Hey folks - some great comments here. Bottom line for me is not just what it costs and what their postion means in terms of how they treat CICs at the moment but how they would treat CICs in the future - shabbily I imagine or as a cash cow?

One point worth noting is that the mark has been granted to local authority arms length organisations in leisure and culture e.g Edinburgh Leisure

this is a council dept which opportunistically changed its legal status to a Trust but is no more a social enterprise than my right leg  - no matter what legal niceties they have employed. In Glasgow, Culture and Sport is a TRust with CIC status for its trading subsidiaries but I don;t think local people realise what has happened nor probably care - interesting to see how they pass the community interest test.

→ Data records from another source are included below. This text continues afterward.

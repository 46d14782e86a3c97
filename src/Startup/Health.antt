-- ===== src/Startup/Health.antt =====
-- The health probe over the driver.
use osb_opengauss_go.Prelude.{◌≡◌, refl, inl, inr, [], ◌∷◌, codes}
use osb_opengauss_go.Result.{Fault, error_text, ok, err, Result-cases}
use osb_opengauss_go.Config.{Config}
use osb_opengauss_go.Driver.Calls.{pair-eq}
use osb_opengauss_go.Driver.{Server, conn_url, ping, new_db}
use osb_opengauss_go.Startup.{Response, health_answer, healthz}

abbrev healthy : Response
healthy = record { status = 200; body = (codes "status", codes "ok") ∷ [] }

abbrev unreachable : Fault → Response
unreachable e = record {
  status = 503;
  body = (codes "error", error_text e) ∷ (codes "status", codes "unreachable") ∷ [];
}

module _ {C S : Type 0} (server : Server C S) (cfg : Config) (s : S) where
  -- How the probe may end: 200 behind a connection over which SELECT 1 was answered, and 503 with
  -- the error of the connection or of the query; an opened connection is closed.
  pub data Probe (s' : S) : Response → Type 0 where
    unconnected :
        (e : Fault) → server.connect (conn_url cfg []) s ≡ (err e, s') → Probe s' (unreachable e)
    unanswered :
        (conn : C) (opened last : S) (e : Fault)
        → server.connect (conn_url cfg []) s ≡ (ok conn, opened)
        → server.query_one conn (codes "SELECT 1") opened ≡ (err e, last)
        → server.close conn last ≡ s'
        → Probe s' (unreachable e)
    answered :
        (conn : C) (opened last : S)
        → server.connect (conn_url cfg []) s ≡ (ok conn, opened)
        → server.query_one conn (codes "SELECT 1") opened ≡ (ok tt, last)
        → server.close conn last ≡ s'
        → Probe s' healthy

  -- Whatever the server does, /healthz answers 200 and "ok" just where it could open a connection
  -- and the server answered SELECT 1 over it, and else 503 with the text of the error of the one or
  -- the other; an opened connection is closed.
  pub healthz-Probe : Probe (healthz (new_db server cfg) s).1 (healthz (new_db server cfg) s).0
  unfolding healthz health_answer new_db ping
  healthz-Probe = elim (Result-cases (server.connect (conn_url cfg []) s).0) [
    | inr (e, h) ↦ rw h (unconnected e (pair-eq _ h))
    | inl (conn, h) ↦ rw h (query_Probe conn _ (pair-eq _ h))
  ]
    where
      query_Probe :
          (conn : C) (opened : S)
          → server.connect (conn_url cfg []) s ≡ (ok conn, opened)
          → Probe
              (server.close conn (server.query_one conn (codes "SELECT 1") opened).1)
              (health_answer (server.query_one conn (codes "SELECT 1") opened).0)
      query_Probe conn opened h =
          elim (Result-cases (server.query_one conn (codes "SELECT 1") opened).0) [
            | inr (e, asked) ↦ rw asked (unanswered conn opened _ e h (pair-eq _ asked) refl)
            | inl (u, asked) ↦ rw asked (answered conn opened _ h (pair-eq _ asked) refl)
          ]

Given the level of cuts on the horizon will the mark advocates still be around if their subsidies dry up?

Comment by Geof Cox on February 10, 2011 at 22:33
Just a footnote to Adrian's comment - I'm continually surprised by the absence from this debate of other accreditation standards - such as the social-enterprise-managed ethiscore and the international SA8000.
Comment by Adrian Ashton on February 10, 2011 at 21:59

I'm think I'm with Terri on this - if an organsiation adopts any quality standard or assurance mark, then they should be clear that doing so will give them a clear economic or operational benefit, otherwise they're simply wasting their time, money and energies by delivering someone else's agenda.

 

Some may be surpried to learn that The Social Enterprise Mark is not the only social enterprise quality mark out there (there are other older ones!), but until the general public understand and appreciate what it stands for (and its applied consistently - the SE Marks' criteria changes depending on your size), then lets focus on building brand CIC. Some individual CICs may feel there's benefit in pursuing the Mark, but that should be their choice. As the Association, perhaps the policy line should be - "its one of a number of quality marks/standards - if you think you'd benefit from it, go for it. Otherwise, don't."

 

 

if people fancy more detail about some of the references I've aluded to above, see the following links:

http://thirdsectorexpert.blogspot.com/2009/08/hypocrisy-over-social...

http://thirdsectorexpert.blogspot.com/2010/06/marked-for-success-or...
Comment by Geof Cox on February 10, 2011 at 21:53

My advice is to just forget the social enterprise mark - everyone else will have done in 5 years' time!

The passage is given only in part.